*TASK TO CARRY OUT:* Exactly the lines from the start of the data below through the line containing "abbrev sign_extended : ℕ × Bytes → ℕ × Bytes" must be returned, and no others.

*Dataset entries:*
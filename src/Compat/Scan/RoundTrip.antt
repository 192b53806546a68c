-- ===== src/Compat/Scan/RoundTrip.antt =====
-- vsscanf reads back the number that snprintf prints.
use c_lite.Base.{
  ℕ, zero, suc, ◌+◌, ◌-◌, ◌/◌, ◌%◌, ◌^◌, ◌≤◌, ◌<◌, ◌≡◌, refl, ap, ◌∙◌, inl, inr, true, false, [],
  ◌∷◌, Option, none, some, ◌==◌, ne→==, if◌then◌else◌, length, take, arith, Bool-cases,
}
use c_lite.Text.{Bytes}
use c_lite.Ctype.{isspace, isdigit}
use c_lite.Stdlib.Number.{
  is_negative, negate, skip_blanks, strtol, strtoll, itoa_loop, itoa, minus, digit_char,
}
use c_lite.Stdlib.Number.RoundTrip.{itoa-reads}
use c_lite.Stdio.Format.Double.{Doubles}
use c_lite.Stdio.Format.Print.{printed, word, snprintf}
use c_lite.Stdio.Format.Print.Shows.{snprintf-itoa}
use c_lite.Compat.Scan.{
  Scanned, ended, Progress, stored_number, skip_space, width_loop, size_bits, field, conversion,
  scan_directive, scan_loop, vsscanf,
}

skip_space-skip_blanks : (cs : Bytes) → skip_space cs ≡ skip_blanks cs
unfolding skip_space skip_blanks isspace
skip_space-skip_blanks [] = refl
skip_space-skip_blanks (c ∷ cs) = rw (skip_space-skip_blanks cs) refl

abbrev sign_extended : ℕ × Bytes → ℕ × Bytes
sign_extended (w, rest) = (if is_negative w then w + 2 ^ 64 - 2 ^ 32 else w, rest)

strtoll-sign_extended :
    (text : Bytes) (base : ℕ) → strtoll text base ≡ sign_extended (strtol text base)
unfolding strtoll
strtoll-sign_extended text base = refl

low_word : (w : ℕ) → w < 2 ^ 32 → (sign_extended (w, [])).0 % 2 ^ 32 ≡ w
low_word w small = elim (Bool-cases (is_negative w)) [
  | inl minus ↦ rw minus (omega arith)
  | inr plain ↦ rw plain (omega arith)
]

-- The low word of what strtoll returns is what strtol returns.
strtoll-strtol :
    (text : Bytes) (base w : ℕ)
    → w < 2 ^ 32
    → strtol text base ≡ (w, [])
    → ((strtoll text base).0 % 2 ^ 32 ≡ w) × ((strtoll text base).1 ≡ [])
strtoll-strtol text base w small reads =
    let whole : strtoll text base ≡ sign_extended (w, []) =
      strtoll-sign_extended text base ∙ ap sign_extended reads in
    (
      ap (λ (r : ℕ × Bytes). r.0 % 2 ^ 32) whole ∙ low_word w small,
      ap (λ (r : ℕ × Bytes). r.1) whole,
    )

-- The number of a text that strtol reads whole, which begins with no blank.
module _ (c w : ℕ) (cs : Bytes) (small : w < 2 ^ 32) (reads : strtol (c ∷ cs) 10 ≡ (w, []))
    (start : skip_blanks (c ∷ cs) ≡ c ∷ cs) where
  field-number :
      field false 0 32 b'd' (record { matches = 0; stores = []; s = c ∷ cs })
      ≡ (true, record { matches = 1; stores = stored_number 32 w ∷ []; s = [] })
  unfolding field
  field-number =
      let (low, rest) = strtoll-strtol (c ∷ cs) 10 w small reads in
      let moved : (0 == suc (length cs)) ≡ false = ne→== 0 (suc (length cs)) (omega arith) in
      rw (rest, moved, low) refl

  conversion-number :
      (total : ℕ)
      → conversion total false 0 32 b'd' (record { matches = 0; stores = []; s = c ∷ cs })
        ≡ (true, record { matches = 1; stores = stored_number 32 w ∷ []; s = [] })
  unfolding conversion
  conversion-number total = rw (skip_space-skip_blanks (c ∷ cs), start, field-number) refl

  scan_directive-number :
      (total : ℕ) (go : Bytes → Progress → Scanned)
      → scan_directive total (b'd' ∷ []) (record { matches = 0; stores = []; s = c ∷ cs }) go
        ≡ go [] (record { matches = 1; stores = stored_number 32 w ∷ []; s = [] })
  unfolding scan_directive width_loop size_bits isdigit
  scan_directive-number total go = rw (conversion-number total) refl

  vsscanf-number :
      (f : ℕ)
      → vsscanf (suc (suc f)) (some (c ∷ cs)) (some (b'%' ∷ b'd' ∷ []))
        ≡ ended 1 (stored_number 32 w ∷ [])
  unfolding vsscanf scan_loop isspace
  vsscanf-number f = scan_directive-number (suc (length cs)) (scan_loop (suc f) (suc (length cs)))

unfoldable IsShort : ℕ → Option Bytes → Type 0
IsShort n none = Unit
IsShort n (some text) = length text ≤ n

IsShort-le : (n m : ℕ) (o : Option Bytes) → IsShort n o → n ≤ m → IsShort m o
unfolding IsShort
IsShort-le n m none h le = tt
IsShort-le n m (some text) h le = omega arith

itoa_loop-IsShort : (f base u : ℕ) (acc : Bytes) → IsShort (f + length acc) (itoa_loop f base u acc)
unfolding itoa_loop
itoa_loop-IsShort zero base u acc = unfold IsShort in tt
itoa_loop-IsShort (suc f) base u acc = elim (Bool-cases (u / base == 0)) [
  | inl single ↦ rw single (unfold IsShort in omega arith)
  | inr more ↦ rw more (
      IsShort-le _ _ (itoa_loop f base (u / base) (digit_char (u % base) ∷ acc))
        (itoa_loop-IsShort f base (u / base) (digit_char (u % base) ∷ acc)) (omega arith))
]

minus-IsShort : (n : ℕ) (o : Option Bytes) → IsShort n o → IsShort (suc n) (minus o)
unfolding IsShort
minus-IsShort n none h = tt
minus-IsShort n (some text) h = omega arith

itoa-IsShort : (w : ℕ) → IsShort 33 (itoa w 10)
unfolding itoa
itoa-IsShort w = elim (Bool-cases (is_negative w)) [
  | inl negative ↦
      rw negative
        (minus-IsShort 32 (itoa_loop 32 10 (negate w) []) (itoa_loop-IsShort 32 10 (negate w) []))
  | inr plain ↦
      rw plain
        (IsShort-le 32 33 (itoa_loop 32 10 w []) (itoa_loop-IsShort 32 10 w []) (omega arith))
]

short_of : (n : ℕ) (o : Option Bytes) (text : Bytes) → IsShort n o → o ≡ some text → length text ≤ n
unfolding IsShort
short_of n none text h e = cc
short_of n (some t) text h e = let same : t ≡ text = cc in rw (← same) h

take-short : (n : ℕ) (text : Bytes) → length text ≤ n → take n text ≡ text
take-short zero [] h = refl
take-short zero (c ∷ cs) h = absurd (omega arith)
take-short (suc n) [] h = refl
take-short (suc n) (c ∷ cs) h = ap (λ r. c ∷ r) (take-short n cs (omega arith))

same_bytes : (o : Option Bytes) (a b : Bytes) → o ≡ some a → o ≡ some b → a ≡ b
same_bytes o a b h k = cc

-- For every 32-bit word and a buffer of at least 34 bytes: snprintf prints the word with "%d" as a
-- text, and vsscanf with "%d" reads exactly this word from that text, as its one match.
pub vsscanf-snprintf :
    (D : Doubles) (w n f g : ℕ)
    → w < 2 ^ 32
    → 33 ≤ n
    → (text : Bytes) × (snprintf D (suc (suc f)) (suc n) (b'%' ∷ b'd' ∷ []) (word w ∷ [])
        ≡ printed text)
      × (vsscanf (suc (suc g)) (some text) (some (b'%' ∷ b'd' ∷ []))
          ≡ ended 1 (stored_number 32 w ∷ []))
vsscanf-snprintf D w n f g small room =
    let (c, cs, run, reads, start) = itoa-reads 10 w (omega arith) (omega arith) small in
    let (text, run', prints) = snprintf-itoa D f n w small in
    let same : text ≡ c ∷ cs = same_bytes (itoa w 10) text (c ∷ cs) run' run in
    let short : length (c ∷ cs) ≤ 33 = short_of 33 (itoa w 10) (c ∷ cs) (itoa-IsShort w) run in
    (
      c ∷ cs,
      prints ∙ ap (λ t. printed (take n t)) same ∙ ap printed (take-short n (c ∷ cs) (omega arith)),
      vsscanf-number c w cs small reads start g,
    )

*YOUR SOLUTION:*
filename src/Compat/Scan/RoundTrip.antt
repository 192b53806546a68c
-- ===== src/Compat/Scan/RoundTrip.antt =====
-- vsscanf reads back the number that snprintf prints.
use c_lite.Base.{
  ℕ, zero, suc, ◌+◌, ◌-◌, ◌/◌, ◌%◌, ◌^◌, ◌≤◌, ◌<◌, ◌≡◌, refl, ap, ◌∙◌, inl, inr, true, false, [],
  ◌∷◌, Option, none, some, ◌==◌, ne→==, if◌then◌else◌, length, take, arith, Bool-cases,
}
use c_lite.Text.{Bytes}
use c_lite.Ctype.{isspace, isdigit}
use c_lite.Stdlib.Number.{
  is_negative, negate, skip_blanks, strtol, strtoll, itoa_loop, itoa, minus, digit_char,
}
use c_lite.Stdlib.Number.RoundTrip.{itoa-reads}
use c_lite.Stdio.Format.Double.{Doubles}
use c_lite.Stdio.Format.Print.{printed, word, snprintf}
use c_lite.Stdio.Format.Print.Shows.{snprintf-itoa}
use c_lite.Compat.Scan.{
  Scanned, ended, Progress, stored_number, skip_space, width_loop, size_bits, field, conversion,
  scan_directive, scan_loop, vsscanf,
}

skip_space-skip_blanks : (cs : Bytes) → skip_space cs ≡ skip_blanks cs
unfolding skip_space skip_blanks isspace
skip_space-skip_blanks [] = refl
skip_space-skip_blanks (c ∷ cs) = rw (skip_space-skip_blanks cs) refl

abbrev sign_extended : ℕ × Bytes → ℕ × Bytes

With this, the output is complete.